I realize due to the overwhelming number of applications received, HR managers are inundated with resumes.  The process needs to change.  If companies have one position to fill and the process starts online, there should be a cut-off as to avoid thousands of submissions.  Chances are, you’ll have more than enough to choose from in a limited posting.  It will limit the number and need for canned rejections.

Years ago, the hiring process was done face-to-face.  Now you’re required to submit a resume and cover letter online.  Attaching photos to these are frowned upon.  You’re just a name and reference number.  Even when applying to sling coffee at Starbucks, the process is almost entirely done online.  It takes the “personal” out of what is ultimately a very personal process.  Applying to give your time and talent to an organization is personal.  Feeding your family is personal.  It should be treated with respect.

Question:  Any other advice for recruiters and hiring managers who wish to avoid a situation like yours?  What can they do to keep their names out of the news?

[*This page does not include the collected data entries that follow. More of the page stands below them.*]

-- ===== src/Client/Shim/Touches.antt =====
-- The touches of the store that a run of the shim spawns.
use rust_build_server.Prelude.{
  ℕ, suc, ◌+◌, ◌≤◌, ◌≡◌, refl, Bool, true, false, ◌&&◌, List, [], ◌∷◌, ◌++◌, Option, none, some,
  Bytes, Result, ok, err, arith, if◌then◌else◌,
}
use rust_build_server.Proto.Job.{
  JobId, JobEvent, queued, started, stdout, stderr, exited, rejected, success, JobRequest,
}
use rust_build_server.Proto.Toolchain.{ToolchainFingerprint}
use rust_build_server.Proto.Message.{hello, status, event, error}
use rust_build_server.Config.{Mode, auto, remote, local, plain}
use rust_build_server.Client.Transport.{TransportError}
use rust_build_server.Client.Backend.{Backend, remote_backend, local_backend, plain_backend}
use rust_build_server.Toolchain.{Mismatch}
use rust_build_server.Client.Submit.{
  Effect, sent, wrote_stdout, wrote_stderr, pushed, pulled, spawned_touch, finished, reported,
  no_fingerprint, no_backend, gave_up, exec_local, Outcome, job_exited, mismatch, busy, refused,
  transport, Turn, received, interrupted, Session, submit_loop, first_id, on_event, submit_job_to,
}
use rust_build_server.Client.Shim.{
  ShimInput, Hooks, Run, RemoteConnection, LocalConnection, run, run_in, run_here, after_push,
  after_root, after_fingerprint, run_chain, start_chain, touch_and_run_here, touch_if_wanted,
  try_chain, try_local, try_remote, after_remote, after_mismatch, after_outcome, links_locally,
  prefixed, hard_mismatch, subcommand, wants_touch, is_passthrough, is_local_subcommand, probe_for,
  request_for,
}
use rust_build_server.Client.Shim.Ends.{guarded}

abbrev pub touches : List Effect → ℕ
touches [] = 0
touches (spawned_touch dir ∷ es) = suc (touches es)
touches (_ ∷ es) = touches es

-- How many a run may spawn.
abbrev pub allowed : ShimInput → ℕ
allowed input = if wants_touch input (subcommand input) then 1 else 0

touches-append : (a b : List Effect) → touches (a ++ b) ≡ touches a + touches b
touches-append [] b = omega arith
touches-append (sent m ∷ a) b = touches-append a b
touches-append (wrote_stdout x ∷ a) b = touches-append a b
touches-append (wrote_stderr x ∷ a) b = touches-append a b
touches-append (pushed x y ∷ a) b = touches-append a b
touches-append (pulled x ∷ a) b = touches-append a b
touches-append (spawned_touch x ∷ a) b = omega (arith, touches-append a b)
touches-append (finished x ∷ a) b = touches-append a b
touches-append (reported x y ∷ a) b = touches-append a b
touches-append (no_fingerprint e ∷ a) b = touches-append a b
touches-append (no_backend ∷ a) b = touches-append a b
touches-append (gave_up ∷ a) b = touches-append a b
touches-append (exec_local x ∷ a) b = touches-append a b

touches-on_event :
    (host : Bytes) (ev : JobEvent) (r : Outcome × List Effect)
    → touches r.1 ≡ 0
    → touches (on_event host ev r).1 ≡ 0
unfolding on_event
touches-on_event host (queued id position) r q = q
touches-on_event host (started id) r q = q
touches-on_event host (stdout id bytes) r q = q
touches-on_event host (stderr id bytes) r q = q
touches-on_event host (exited id code) r q = refl
touches-on_event host (rejected id reason) r q = refl

touches-submit_loop :
    (host : Bytes) (id : Option JobId) (c : Bool) (turns : List Turn)
    → touches (submit_loop host id c turns).1 ≡ 0
unfolding submit_loop
touches-submit_loop host id c [] = refl
touches-submit_loop host id true (interrupted r ∷ turns) = touches-submit_loop host id true turns
touches-submit_loop host none false (interrupted r ∷ turns) = refl
touches-submit_loop host (some id) false (interrupted (err e) ∷ turns) = refl
touches-submit_loop host (some id) false (interrupted (ok u) ∷ turns) =
    touches-submit_loop host (some id) true turns
touches-submit_loop host id c (received (err e) ∷ turns) = refl
touches-submit_loop host id c (received (ok none) ∷ turns) = refl
touches-submit_loop host id c (received (ok (some (event ev))) ∷ turns) =
    touches-on_event host ev _ (touches-submit_loop host (first_id id ev) c turns)
touches-submit_loop host id c (received (ok (some (error e))) ∷ turns) = refl
touches-submit_loop host id c (received (ok (some (hello v s))) ∷ turns) = refl
touches-submit_loop host id c (received (ok (some (status s))) ∷ turns) = refl

touches-submit_job_to :
    (s : Session) (request : JobRequest) (host : Bytes)
    → touches (submit_job_to s request host).1 ≡ 0
unfolding submit_job_to
touches-submit_job_to s request host =
    elim s.send_result
      as (λ r. touches (submit_job_to (record s { send_result = r }) request host).1 ≡ 0) [
        | err e ↦ refl
        | ok u ↦ touches-submit_loop host none false s.turns
      ]

module _ (input : ShimInput) (hooks : Hooks) where
  if_wanted : (dir : Bytes) → touches (touch_if_wanted input dir) ≡ allowed input
  unfolding touch_if_wanted
  if_wanted dir =
      elim (wants_touch input (subcommand input))
        as (λ b. touches (if b then spawned_touch dir ∷ [] else []) ≡ (if b then 1 else 0)) [
          | true ↦ refl
          | false ↦ refl
        ]

  here : touches (run_here input hooks).1 ≡ 0
  unfolding run_here
  here = refl

  touch_then_here : (dir : Bytes) → touches (touch_and_run_here input hooks dir).1 ≤ allowed input
  unfolding touch_and_run_here
  touch_then_here dir = omega (
    arith,
    touches-append (touch_if_wanted input dir) (run_here input hooks).1,
    if_wanted dir,
    here,
  )

  after_prefix :
      (es : List Effect) (r : Run)
      → touches es ≡ 0
      → touches r.1 ≤ allowed input
      → touches (prefixed es r).1 ≤ allowed input
  after_prefix es r q h = omega (arith, touches-append es r.1, q, h)

  if_success :
      (b : Bool) → touches (if b then touch_if_wanted input input.cwd else []) ≤ allowed input
  if_success true = omega (arith, if_wanted input.cwd)
  if_success false = omega arith

  by_mismatch :
      (b : Bool) (m : Mismatch) (next : Run)
      → touches next.1 ≤ allowed input
      → touches (after_mismatch b m next).1 ≤ allowed input
  unfolding after_mismatch
  by_mismatch true m next h = omega arith
  by_mismatch false m next h = h

  by_outcome :
      (o : Outcome) (next : Run)
      → touches next.1 ≤ allowed input
      → touches (after_outcome input o next).1 ≤ allowed input
  unfolding after_outcome
  by_outcome (job_exited st) next h = if_success (success st)
  by_outcome (mismatch host server client) next h = by_mismatch (hard_mismatch input) _ next h
  by_outcome busy next h = h
  by_outcome (refused reason) next h = h
  by_outcome (transport e) next h = h

  linked :
      (root : Bytes)
      → touches (prefixed (touch_if_wanted input root ++ pulled root ∷ []) (run_here input hooks)).1
        ≤ allowed input
  linked root = omega (
    arith,
    touches-append (touch_if_wanted input root ++ pulled root ∷ []) (run_here input hooks).1,
    touches-append (touch_if_wanted input root) (pulled root ∷ []),
    if_wanted root,
    here,
  )

  by_remote :
      (root : Bytes) (o : Outcome) (next : Run)
      → touches next.1 ≤ allowed input
      → touches (after_remote input hooks root o next).1 ≤ allowed input
  unfolding after_remote
  by_remote root o next h =
      elim (links_locally input o)
        as (λ b.
          touches
            (if b
              then prefixed (touch_if_wanted input root ++ pulled root ∷ []) (run_here input hooks)
              else after_outcome input o next).1
          ≤ allowed input) [ true ↦ linked root | false ↦ by_outcome o next h ]

  by_push :
      (request : JobRequest) (c : RemoteConnection) (root : Bytes) (r : Result Bytes Unit)
      (next : Run)
      → touches next.1 ≤ allowed input
      → touches (after_push input hooks request c root r next).1 ≤ allowed input
  unfolding after_push
  by_push request c root (err e) next h = h
  by_push request c root (ok u) next h =
      let host = c.probed.status.identity.hostname in
      after_prefix (submit_job_to c.session request host).1
        (after_remote input hooks root (submit_job_to c.session request host).0 next)
        (touches-submit_job_to c.session request host)
        (by_remote root (submit_job_to c.session request host).0 next h)

  by_root :
      (request : JobRequest) (c : RemoteConnection) (root : Result Bytes Bytes) (next : Run)
      → touches next.1 ≤ allowed input
      → touches (after_root input hooks request c root next).1 ≤ allowed input
  unfolding after_root
  by_root request c (err e) next h = h
  by_root request c (ok root) next h =
      by_push request c root (hooks.push root input.cfg.remote.host) next h

  by_local :
      (request : JobRequest) (a : Option (Result (TransportError Bytes) LocalConnection))
      (next : Run)
      → touches next.1 ≤ allowed input
      → touches (try_local input request a next).1 ≤ allowed input
  unfolding try_local
  by_local request none next h = h
  by_local request (some (err e)) next h = h
  by_local request (some (ok conn)) next h =
      after_prefix (submit_job_to conn.session request conn.hostname).1
        (after_outcome input (submit_job_to conn.session request conn.hostname).0 next)
        (touches-submit_job_to conn.session request conn.hostname)
        (by_outcome (submit_job_to conn.session request conn.hostname).0 next h)

  by_chain :
      (request : JobRequest) (chain : List Backend) (conn : Option RemoteConnection)
      → touches (try_chain input hooks request conn chain).1 ≤ allowed input
  unfolding try_chain try_remote
  by_chain request [] conn = omega arith
  by_chain request (plain_backend ∷ chain) conn = touch_then_here input.cwd
  by_chain request (remote_backend ∷ chain) none = by_chain request chain none
  by_chain request (remote_backend ∷ chain) (some c) =
      by_root request c (hooks.workspace_root input.cwd) _ (by_chain request chain none)
  by_chain request (local_backend ∷ chain) conn =
      by_local request hooks.local_answer _ (by_chain request chain conn)

  by_start :
      (request : JobRequest) (chain : List Backend) (conn : Option RemoteConnection)
      → touches (start_chain input hooks request conn chain).1 ≤ allowed input
  unfolding start_chain
  by_start request [] conn = omega arith
  by_start request (b ∷ chain) conn = by_chain request (b ∷ chain) conn

  by_fingerprint :
      (t : Result Bytes ToolchainFingerprint) (mode : Mode)
      → touches (after_fingerprint input hooks t mode).1 ≤ allowed input
  unfolding after_fingerprint run_chain
  by_fingerprint (ok t) mode = by_start (request_for input t) _ (probe_for input hooks).1
  by_fingerprint (err x) auto = touch_then_here input.cwd
  by_fingerprint (err x) remote = omega arith
  by_fingerprint (err x) local = omega arith
  by_fingerprint (err x) plain = omega arith

  by_guards :
      (passes stays : Bool) (next : Run)
      → touches next.1 ≤ allowed input
      → touches (guarded input hooks passes stays next).1 ≤ allowed input
  by_guards true stays next h = omega (arith, here)
  by_guards false true next h = touch_then_here input.cwd
  by_guards false false next h = h

  by_mode : (mode : Mode) → touches (run_in input hooks mode).1 ≤ allowed input
  unfolding run_in
  by_mode plain = touch_then_here input.cwd
  by_mode auto =
      by_guards (input.cargo_policy && is_passthrough (subcommand input))
        (input.cargo_policy && is_local_subcommand input)
        (after_fingerprint input hooks (hooks.fingerprint input.cwd input.toolchain_override) auto)
        (by_fingerprint (hooks.fingerprint input.cwd input.toolchain_override) auto)
  by_mode remote =
      by_guards (input.cargo_policy && is_passthrough (subcommand input))
        (input.cargo_policy && is_local_subcommand input)
        (after_fingerprint input hooks (hooks.fingerprint input.cwd input.toolchain_override)
          remote)
        (by_fingerprint (hooks.fingerprint input.cwd input.toolchain_override) remote)
  by_mode local =
      by_guards (input.cargo_policy && is_passthrough (subcommand input))
        (input.cargo_policy && is_local_subcommand input)
        (after_fingerprint input hooks (hooks.fingerprint input.cwd input.toolchain_override) local)
        (by_fingerprint (hooks.fingerprint input.cwd input.toolchain_override) local)

-- A run spawns at most one touch of the store, and none unless the invocation wants one.
pub touches-run : (input : ShimInput) (hooks : Hooks) → touches (run input hooks).1 ≤ allowed input
unfolding run
touches-run input hooks = by_mode input hooks input.cfg.policy.mode
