-- ===== src/Client/Shim/Examples.antt =====
-- An invocation `cargo build` in the mode `auto`, with a remote that takes the job.
use rust_build_server.Prelude.{
  ◌≤◌, ◌≡◌, refl, true, false, List, [], ◌∷◌, ◌++◌, none, some, codes, ok, pos, map,
}
use rust_build_server.Proto.Toolchain.{ToolchainFingerprint}
use rust_build_server.Proto.Job.{
  JobEvent, queued, started, stdout, exited, exit_code, is_terminal, event_id,
}
use rust_build_server.Proto.Message.{submit, cancel}
use rust_build_server.Config.{default_config}
use rust_build_server.Client.Backend.{ProbeResult}
use rust_build_server.Client.Submit.{job_exited, sent, interrupted, submit_job_to}
use rust_build_server.Client.Submit.Events.{
  got, outputs, submit_job_to-events, submit_job_to-interrupted,
}
use rust_build_server.Client.Shim.{ShimInput, Hooks, run, request_for}
use rust_build_server.Client.Shim.Chain.{Ends}
use rust_build_server.Client.Shim.Ends.{not_auto, run-Ends}
use rust_build_server.Client.Shim.Touches.{touches, allowed, touches-run}

abbrev toolchain : ToolchainFingerprint
toolchain = record {
  rustc_commit = codes "59807616e";
  rustc_version = codes "1.95.0";
  host = codes "x86_64-unknown-linux-gnu";
  cargo_version = codes "cargo 1.95.0";
  toolchain_name = codes "stable";
}

abbrev build : ShimInput
build = record {
  cwd = codes "/w";
  argv = codes "cargo" ∷ codes "build" ∷ [];
  cfg = default_config;
  tty = false;
  identity = record { hostname = codes "laptop"; pid = 7; label = none };
  env = [];
  cargo_policy = true;
  pinned = true;
  toolchain_override = none;
}

abbrev probed : ProbeResult
probed = record {
  rtt = 1500000;
  status = record {
    identity = record { hostname = codes "node0"; version = codes "0.1.0" };
    capacity = record {
      tokens_total = 8;
      tokens_free = 8;
      mem_available_bytes = 1;
      load1 = 0;
      accepting = true;
    };
    queued = 0;
    running = 0;
    uptime_secs = 1;
  };
}

abbrev first_events : List JobEvent
first_events = started 3 ∷ stdout 3 (codes "Compiling") ∷ []

abbrev last_event : JobEvent
last_event = exited 3 (exit_code (pos 0))

abbrev hooks : Hooks
hooks = record {
  remote_answer = some (
      ok (record {
        probed = probed;
        session = record {
          send_result = ok tt;
          turns = map got (queued 3 1 ∷ first_events) ++ got last_event ∷ [];
        };
      }));
  local_available = false;
  local_answer = none;
  fingerprint = λ cwd name. ok toolchain;
  workspace_root = λ cwd. ok cwd;
  push = λ root host. ok tt;
  pull = λ root. ok tt;
  exec = λ argv. pos 0;
}

run-Ends_example : Ends build hooks (not_auto build.cfg.policy.mode) (run build hooks)
run-Ends_example = run-Ends build hooks

touches-run_example : touches (run build hooks).1 ≤ allowed build
touches-run_example = touches-run build hooks

submit_job_to-events_example :
    submit_job_to
      (record {
        send_result = ok tt;
        turns = map got (queued 3 1 ∷ first_events) ++ got last_event ∷ [];
      })
      (request_for build toolchain)
      (codes "node0")
    ≡ (
      job_exited (exit_code (pos 0)),
      sent (submit (request_for build toolchain)) ∷ outputs (queued 3 1 ∷ first_events) ++ [],
    )
unfolding is_terminal
submit_job_to-events_example =
    submit_job_to-events (codes "node0") (request_for build toolchain) (queued 3 1) first_events
      last_event (job_exited (exit_code (pos 0))) [] (refl, (refl, (refl, tt))) refl

submit_job_to-interrupted_example :
    submit_job_to
      (record {
        send_result = ok tt;
        turns =
            map got (queued 3 1 ∷ [])
            ++ interrupted (ok tt) ∷ (map got first_events ++ got last_event ∷ []);
      })
      (request_for build toolchain)
      (codes "node0")
    ≡ (
      job_exited (exit_code (pos 0)),
      sent (submit (request_for build toolchain)) ∷ outputs (queued 3 1 ∷ [])
          ++ sent (cancel 3) ∷ (outputs first_events ++ []),
    )
unfolding is_terminal event_id
submit_job_to-interrupted_example =
    submit_job_to-interrupted (codes "node0") (request_for build toolchain) (queued 3 1) []
      first_events last_event (job_exited (exit_code (pos 0))) [] (refl, tt) (refl, (refl, tt)) refl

Grey:  It’s so easy in HR to get caught up in the day to day: filling positions, handling disputes, company morale and processing benefits.  It’s easy to forget you’re dealing with real people, with real bills and real experience they want to offer you.  You’re the recipient of one of the biggest gifts a person can give; their time and effort.  The most important thing is to think before you act.  Walk a mile in a job seeker’s shoes.  Before sending a mass email, think, where did we get this list?  If this practice is made public, is it something that could be construed as lacking integrity?  Is this something I would offer my child?  Would I encourage my best friend to participate in this?

Interview & Hiring Horror Stories

Since the infamous email, Grey’s received multiple job offers and is now asking for job seeker’s to share their own hiring and candidate experience horror stories at www.taylorgreymeyer.com.  As overqualified and unemployed, she is extending her 15 minutes of fame with the goal of helping others in similar situations who are frustrated, unemployed, and don’t have a voice.